*Raw data*

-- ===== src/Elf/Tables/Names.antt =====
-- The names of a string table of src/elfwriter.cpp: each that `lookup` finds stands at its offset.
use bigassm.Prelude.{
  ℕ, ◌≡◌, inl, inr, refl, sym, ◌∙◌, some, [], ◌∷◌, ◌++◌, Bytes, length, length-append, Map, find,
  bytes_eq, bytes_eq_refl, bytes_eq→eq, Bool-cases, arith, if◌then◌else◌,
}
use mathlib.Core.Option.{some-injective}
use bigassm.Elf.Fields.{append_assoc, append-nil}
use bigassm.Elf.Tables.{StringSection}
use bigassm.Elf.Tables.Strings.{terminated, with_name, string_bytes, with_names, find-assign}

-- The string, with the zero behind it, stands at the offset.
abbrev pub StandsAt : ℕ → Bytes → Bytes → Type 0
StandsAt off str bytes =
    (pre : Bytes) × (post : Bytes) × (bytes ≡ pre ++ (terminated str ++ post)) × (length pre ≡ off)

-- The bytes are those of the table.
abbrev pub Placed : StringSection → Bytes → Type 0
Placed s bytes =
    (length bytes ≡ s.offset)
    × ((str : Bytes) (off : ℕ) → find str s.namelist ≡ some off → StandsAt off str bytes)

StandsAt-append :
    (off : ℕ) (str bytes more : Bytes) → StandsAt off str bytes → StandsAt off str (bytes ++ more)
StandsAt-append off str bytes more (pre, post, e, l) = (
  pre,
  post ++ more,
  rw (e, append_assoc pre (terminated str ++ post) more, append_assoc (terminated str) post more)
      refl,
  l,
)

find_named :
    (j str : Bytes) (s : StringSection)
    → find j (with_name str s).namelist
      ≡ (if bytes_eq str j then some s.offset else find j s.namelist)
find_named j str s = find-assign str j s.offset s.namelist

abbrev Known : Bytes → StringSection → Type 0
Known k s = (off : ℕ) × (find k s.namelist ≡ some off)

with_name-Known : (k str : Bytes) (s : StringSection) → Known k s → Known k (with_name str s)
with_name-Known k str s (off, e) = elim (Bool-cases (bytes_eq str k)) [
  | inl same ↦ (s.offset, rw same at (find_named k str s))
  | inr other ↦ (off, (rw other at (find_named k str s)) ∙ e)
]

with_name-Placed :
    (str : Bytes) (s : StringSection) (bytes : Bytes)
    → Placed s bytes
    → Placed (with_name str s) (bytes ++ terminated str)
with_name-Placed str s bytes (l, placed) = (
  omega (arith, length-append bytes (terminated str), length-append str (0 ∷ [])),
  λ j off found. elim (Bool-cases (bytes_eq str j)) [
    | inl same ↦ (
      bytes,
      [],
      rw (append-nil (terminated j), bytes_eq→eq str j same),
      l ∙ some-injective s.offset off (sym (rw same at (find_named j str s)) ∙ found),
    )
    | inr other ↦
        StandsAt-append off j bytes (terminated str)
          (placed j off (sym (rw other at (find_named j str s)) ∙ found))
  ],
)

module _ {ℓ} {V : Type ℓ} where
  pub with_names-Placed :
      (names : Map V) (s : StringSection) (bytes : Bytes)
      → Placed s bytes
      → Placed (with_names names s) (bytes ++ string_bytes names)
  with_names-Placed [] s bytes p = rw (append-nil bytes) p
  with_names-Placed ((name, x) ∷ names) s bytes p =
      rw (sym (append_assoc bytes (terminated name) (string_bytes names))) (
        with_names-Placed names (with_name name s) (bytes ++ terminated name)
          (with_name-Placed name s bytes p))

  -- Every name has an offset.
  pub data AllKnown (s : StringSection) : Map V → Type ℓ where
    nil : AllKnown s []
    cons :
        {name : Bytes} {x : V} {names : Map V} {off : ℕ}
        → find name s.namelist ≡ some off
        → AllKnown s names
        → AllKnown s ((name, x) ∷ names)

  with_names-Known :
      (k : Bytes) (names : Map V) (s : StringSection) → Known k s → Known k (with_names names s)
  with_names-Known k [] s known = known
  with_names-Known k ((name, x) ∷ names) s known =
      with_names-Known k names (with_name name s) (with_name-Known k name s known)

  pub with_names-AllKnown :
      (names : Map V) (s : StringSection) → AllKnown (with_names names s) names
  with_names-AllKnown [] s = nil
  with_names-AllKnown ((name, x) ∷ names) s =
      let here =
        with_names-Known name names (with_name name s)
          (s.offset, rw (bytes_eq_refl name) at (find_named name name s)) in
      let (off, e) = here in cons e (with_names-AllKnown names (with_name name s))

* * *

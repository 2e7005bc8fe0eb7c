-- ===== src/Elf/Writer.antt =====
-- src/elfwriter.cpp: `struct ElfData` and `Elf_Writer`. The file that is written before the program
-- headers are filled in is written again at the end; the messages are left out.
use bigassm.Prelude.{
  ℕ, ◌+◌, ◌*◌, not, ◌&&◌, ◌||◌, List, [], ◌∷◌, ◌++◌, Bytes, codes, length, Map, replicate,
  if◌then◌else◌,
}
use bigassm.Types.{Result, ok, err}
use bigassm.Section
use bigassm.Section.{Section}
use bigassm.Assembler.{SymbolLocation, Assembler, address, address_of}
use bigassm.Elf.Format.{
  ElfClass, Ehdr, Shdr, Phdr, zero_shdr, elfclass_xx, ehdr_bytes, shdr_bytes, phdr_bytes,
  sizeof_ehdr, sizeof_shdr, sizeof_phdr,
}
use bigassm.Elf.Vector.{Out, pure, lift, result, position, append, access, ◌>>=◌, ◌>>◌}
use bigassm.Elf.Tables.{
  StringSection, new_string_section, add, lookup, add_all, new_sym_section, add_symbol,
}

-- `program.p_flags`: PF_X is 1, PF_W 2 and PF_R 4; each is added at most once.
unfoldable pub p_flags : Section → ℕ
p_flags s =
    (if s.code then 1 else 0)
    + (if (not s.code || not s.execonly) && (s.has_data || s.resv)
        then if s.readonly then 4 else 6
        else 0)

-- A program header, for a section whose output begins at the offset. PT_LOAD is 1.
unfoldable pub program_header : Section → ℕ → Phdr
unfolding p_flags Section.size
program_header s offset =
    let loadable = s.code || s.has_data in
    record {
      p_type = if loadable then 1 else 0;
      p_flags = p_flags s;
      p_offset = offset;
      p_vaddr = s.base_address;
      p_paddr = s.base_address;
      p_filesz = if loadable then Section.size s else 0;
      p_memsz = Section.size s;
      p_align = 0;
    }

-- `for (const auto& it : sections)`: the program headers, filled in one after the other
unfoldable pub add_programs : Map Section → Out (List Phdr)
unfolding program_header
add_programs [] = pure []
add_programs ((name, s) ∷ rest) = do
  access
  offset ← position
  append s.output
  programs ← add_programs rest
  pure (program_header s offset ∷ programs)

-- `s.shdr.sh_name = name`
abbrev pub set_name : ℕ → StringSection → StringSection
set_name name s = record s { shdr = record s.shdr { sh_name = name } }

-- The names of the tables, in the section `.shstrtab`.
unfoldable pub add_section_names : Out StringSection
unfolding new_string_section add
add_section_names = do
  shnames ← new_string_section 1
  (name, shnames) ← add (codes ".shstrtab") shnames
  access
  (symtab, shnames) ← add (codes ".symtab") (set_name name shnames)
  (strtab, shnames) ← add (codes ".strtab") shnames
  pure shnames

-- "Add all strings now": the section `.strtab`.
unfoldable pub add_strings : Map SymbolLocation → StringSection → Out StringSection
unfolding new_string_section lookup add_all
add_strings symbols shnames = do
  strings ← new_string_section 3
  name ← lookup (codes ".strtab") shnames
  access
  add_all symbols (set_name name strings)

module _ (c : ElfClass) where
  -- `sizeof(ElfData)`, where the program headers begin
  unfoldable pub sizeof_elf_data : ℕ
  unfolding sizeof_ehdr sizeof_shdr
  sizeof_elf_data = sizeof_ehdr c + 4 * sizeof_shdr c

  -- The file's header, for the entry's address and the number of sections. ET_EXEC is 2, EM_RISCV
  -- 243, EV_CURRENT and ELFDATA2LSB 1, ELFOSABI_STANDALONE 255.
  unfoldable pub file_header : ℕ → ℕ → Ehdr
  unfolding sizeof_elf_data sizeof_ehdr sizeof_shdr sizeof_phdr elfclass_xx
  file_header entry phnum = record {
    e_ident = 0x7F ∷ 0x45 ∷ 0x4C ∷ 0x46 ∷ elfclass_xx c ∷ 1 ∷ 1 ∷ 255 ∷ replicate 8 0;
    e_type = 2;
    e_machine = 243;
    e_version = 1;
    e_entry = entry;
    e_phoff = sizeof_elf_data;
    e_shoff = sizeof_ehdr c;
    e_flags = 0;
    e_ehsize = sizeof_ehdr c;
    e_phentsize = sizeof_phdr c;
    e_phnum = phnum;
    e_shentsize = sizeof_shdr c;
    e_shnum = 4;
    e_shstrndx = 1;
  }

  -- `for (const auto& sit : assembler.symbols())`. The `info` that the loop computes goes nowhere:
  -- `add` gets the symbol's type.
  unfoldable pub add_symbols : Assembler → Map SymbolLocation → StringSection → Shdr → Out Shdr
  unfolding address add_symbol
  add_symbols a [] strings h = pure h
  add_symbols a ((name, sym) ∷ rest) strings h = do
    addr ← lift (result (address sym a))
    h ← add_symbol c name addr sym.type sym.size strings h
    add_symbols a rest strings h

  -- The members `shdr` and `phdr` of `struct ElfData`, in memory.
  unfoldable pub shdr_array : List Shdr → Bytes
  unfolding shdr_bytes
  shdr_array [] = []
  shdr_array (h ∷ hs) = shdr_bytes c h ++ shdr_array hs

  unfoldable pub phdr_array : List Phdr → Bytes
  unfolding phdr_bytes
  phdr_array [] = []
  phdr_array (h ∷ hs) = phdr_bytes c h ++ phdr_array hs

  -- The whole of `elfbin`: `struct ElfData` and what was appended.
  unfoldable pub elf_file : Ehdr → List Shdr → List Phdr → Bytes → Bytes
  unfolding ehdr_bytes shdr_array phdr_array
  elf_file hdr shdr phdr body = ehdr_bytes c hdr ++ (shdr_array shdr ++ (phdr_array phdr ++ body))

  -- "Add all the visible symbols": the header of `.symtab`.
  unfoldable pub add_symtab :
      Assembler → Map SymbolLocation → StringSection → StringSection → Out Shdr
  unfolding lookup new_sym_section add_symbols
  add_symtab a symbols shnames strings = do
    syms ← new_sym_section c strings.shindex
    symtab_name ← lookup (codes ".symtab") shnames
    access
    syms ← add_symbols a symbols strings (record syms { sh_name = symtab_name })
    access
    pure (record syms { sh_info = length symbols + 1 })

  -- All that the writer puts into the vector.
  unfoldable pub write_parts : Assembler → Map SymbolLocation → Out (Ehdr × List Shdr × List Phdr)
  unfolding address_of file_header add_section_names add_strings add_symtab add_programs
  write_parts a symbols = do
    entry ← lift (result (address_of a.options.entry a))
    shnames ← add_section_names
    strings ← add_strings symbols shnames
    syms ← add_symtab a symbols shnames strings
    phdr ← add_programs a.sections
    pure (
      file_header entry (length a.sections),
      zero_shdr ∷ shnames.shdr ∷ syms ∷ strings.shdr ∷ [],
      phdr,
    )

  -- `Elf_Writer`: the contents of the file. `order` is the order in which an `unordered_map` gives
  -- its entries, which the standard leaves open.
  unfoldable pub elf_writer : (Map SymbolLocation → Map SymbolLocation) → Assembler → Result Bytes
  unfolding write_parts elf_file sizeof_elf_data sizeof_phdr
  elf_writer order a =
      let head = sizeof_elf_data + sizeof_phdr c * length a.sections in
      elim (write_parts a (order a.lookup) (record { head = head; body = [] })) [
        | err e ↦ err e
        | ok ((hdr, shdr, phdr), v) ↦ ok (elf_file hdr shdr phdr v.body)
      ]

*Description of the task*
What are the lines, exactly as written above, from the line with "unfoldable pub add_symtab" to the line with "entry ← lift", both included? Output only those.

*Response to this exercise*
  unfoldable pub add_symtab :
      Assembler → Map SymbolLocation → StringSection → StringSection → Out Shdr
  unfolding lookup new_sym_section add_symbols
  add_symtab a symbols shnames strings = do
    syms ← new_sym_section c strings.shindex
    symtab_name ← lookup (codes ".symtab") shnames
    access
    syms ← add_symbols a symbols strings (record syms { sh_name = symtab_name })
    access
    pure (record syms { sh_info = length symbols + 1 })

  -- All that the writer puts into the vector.
  unfoldable pub write_parts : Assembler → Map SymbolLocation → Out (Ehdr × List Shdr × List Phdr)
  unfolding address_of file_header add_section_names add_strings add_symtab add_programs
  write_parts a symbols = do
    entry ← lift (result (address_of a.options.entry a))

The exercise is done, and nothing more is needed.